[Stored data entries]

*** Begin section ***

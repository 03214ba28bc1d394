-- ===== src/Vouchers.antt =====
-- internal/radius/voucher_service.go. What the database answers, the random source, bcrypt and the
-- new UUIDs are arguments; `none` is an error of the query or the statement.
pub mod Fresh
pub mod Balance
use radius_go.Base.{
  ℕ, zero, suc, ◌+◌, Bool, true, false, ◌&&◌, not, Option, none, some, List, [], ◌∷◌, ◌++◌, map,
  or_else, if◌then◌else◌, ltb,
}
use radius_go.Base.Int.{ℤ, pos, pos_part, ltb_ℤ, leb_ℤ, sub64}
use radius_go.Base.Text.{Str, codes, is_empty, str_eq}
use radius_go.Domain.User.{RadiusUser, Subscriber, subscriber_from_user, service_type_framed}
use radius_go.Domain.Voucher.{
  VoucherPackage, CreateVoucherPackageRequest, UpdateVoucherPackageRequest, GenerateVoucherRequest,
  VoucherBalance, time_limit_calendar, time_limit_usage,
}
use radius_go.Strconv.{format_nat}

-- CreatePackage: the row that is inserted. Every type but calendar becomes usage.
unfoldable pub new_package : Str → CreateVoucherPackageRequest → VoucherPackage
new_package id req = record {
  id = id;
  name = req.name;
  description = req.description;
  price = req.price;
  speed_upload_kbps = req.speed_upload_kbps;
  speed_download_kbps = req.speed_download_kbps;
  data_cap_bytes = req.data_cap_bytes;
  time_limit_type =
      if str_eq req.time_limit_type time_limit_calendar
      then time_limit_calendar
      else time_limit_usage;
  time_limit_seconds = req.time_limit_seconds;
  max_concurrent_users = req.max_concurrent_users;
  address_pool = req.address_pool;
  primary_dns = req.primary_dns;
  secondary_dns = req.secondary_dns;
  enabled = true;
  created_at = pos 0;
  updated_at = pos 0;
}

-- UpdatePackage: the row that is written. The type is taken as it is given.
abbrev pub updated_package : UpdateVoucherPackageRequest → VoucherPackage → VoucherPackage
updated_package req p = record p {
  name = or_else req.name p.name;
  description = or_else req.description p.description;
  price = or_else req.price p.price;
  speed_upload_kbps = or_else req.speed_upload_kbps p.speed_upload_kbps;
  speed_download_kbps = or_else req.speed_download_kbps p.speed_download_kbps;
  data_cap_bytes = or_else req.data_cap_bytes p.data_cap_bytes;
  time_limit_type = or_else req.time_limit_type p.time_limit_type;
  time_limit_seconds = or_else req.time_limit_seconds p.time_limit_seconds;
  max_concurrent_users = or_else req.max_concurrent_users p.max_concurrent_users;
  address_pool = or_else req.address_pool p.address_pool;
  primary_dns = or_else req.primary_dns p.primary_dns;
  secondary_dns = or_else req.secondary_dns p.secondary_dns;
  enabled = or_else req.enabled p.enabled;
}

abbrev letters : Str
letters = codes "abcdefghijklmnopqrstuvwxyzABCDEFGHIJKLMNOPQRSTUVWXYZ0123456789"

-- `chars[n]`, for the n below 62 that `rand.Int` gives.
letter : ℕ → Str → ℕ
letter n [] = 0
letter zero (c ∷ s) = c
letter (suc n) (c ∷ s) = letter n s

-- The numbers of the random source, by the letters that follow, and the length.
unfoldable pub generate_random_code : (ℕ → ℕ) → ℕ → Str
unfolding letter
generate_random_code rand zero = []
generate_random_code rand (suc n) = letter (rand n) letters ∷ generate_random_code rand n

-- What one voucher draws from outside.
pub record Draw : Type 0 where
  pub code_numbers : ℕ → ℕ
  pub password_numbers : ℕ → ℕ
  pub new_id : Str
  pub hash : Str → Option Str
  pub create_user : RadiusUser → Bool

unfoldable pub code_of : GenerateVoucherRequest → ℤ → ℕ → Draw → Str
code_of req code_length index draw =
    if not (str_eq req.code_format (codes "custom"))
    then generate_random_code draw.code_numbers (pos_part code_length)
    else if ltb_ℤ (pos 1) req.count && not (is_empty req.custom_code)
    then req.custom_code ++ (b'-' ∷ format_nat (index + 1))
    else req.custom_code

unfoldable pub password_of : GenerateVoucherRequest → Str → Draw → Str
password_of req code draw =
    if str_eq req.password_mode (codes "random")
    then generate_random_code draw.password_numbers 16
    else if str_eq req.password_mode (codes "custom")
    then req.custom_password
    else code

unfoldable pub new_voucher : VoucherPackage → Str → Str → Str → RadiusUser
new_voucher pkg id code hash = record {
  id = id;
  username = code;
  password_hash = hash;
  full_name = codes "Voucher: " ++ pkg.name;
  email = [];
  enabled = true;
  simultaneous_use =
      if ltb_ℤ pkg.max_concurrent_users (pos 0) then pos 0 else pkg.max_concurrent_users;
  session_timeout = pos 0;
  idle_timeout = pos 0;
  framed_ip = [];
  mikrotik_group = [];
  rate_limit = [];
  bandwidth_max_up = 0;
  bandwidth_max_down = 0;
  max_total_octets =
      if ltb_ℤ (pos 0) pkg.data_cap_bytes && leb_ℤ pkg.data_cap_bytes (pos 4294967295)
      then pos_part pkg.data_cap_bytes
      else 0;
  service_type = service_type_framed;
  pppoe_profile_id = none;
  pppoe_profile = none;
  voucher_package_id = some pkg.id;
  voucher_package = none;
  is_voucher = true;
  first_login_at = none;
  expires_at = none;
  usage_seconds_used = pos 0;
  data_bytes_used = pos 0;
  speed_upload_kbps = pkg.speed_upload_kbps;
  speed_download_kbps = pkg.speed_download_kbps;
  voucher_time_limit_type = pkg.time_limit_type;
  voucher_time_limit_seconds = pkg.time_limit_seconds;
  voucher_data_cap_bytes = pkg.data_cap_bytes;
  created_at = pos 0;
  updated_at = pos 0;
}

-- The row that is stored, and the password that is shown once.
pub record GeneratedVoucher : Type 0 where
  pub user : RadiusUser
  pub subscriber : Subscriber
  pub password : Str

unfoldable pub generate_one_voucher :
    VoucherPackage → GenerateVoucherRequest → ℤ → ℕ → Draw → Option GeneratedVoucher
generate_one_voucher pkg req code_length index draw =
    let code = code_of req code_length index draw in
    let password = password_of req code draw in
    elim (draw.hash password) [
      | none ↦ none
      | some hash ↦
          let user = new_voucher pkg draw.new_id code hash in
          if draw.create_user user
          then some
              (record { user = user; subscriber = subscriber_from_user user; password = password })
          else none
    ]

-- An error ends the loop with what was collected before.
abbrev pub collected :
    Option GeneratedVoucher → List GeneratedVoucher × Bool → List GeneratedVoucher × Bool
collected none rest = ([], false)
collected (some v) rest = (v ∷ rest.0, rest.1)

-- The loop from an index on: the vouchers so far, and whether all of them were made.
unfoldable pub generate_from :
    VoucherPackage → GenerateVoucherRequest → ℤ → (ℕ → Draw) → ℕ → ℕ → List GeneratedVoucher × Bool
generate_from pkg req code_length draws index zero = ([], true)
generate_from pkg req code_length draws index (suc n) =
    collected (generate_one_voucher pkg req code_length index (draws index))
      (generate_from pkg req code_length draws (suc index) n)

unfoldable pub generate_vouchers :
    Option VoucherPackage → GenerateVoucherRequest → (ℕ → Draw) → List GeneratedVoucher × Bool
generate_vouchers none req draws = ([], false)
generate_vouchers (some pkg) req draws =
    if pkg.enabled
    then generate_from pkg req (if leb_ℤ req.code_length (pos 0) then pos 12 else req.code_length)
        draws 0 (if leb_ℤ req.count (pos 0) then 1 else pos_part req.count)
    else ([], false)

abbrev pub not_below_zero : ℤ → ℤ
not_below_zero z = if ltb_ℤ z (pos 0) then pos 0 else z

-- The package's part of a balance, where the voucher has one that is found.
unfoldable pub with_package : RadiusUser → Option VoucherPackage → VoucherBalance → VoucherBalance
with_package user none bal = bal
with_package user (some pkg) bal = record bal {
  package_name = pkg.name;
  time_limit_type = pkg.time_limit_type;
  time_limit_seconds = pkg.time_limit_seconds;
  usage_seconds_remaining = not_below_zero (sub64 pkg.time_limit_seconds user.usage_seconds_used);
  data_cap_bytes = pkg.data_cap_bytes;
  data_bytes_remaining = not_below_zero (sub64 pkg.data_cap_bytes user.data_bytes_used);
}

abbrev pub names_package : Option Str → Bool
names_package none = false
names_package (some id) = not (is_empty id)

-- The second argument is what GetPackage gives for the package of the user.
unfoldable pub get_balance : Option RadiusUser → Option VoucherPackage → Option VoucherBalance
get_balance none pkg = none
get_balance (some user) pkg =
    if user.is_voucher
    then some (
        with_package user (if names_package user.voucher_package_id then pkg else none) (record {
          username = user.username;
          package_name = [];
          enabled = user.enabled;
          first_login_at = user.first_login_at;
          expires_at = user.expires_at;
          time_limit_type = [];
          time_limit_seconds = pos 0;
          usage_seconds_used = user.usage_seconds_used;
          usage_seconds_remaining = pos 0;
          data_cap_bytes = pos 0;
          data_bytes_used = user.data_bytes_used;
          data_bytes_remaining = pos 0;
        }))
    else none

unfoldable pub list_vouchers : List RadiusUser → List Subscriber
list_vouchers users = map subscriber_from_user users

*** End section ***
*** Begin section ***

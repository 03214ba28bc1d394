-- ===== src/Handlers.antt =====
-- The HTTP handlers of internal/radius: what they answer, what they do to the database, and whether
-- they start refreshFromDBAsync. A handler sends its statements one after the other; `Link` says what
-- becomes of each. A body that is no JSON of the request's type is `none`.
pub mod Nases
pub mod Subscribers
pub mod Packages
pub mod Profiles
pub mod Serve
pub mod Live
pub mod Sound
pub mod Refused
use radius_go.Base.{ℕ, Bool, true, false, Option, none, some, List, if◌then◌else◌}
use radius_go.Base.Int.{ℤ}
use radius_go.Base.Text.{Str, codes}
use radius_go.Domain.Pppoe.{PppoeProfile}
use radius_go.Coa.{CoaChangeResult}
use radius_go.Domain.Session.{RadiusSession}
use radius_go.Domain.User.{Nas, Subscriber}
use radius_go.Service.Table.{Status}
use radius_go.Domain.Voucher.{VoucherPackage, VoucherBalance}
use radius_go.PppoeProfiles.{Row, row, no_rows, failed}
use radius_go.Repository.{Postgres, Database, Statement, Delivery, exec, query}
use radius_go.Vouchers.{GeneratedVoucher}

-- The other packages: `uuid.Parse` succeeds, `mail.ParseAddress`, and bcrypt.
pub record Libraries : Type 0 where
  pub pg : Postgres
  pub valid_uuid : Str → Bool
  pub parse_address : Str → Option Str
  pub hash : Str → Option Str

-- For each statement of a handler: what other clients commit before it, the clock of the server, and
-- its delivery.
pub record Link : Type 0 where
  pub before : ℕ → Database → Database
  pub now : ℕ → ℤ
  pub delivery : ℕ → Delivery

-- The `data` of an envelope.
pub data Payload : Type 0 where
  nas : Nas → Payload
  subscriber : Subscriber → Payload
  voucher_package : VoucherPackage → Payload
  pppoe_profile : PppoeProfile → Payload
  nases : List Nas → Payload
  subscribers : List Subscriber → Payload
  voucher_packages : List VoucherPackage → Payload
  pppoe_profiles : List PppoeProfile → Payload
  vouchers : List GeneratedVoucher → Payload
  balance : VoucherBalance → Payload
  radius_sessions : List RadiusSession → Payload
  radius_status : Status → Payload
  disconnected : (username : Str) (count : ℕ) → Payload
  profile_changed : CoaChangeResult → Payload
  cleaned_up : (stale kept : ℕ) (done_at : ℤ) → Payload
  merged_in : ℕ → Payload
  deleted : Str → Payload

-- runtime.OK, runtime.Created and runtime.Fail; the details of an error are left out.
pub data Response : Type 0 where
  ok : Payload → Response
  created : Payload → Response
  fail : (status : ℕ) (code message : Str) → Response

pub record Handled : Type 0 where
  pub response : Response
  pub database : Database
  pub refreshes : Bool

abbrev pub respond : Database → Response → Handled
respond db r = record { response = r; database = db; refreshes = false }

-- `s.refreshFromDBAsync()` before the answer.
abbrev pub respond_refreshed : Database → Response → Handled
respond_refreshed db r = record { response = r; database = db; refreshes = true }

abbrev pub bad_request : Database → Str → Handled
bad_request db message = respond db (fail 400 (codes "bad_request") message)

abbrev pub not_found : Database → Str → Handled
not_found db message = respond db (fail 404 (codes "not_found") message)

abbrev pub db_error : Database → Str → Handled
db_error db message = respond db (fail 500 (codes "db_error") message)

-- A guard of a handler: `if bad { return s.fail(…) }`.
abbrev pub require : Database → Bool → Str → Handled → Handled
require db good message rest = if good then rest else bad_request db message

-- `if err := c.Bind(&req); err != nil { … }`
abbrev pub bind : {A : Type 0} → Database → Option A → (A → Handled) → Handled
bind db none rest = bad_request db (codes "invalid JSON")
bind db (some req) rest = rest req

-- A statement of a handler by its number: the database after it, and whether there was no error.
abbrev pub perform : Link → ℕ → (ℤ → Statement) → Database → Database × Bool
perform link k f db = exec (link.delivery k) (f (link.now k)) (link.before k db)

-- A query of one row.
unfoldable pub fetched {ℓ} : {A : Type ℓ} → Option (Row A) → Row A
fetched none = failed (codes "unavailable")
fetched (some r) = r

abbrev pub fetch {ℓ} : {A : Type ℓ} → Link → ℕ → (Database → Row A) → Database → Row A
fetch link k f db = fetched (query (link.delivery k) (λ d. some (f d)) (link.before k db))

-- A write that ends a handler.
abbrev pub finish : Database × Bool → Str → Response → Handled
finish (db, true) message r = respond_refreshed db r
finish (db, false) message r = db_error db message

*** End section ***

Above are the records; copy exactly the lines from the line with "max_concurrent_users = req.max_concurrent_users;" through the line with "abbrev pub updated_package", both included.

  max_concurrent_users = req.max_concurrent_users;
  address_pool = req.address_pool;
  primary_dns = req.primary_dns;
  secondary_dns = req.secondary_dns;
  enabled = true;
  created_at = pos 0;
  updated_at = pos 0;
}

-- UpdatePackage: the row that is written. The type is taken as it is given.
abbrev pub updated_package : UpdateVoucherPackageRequest → VoucherPackage → VoucherPackage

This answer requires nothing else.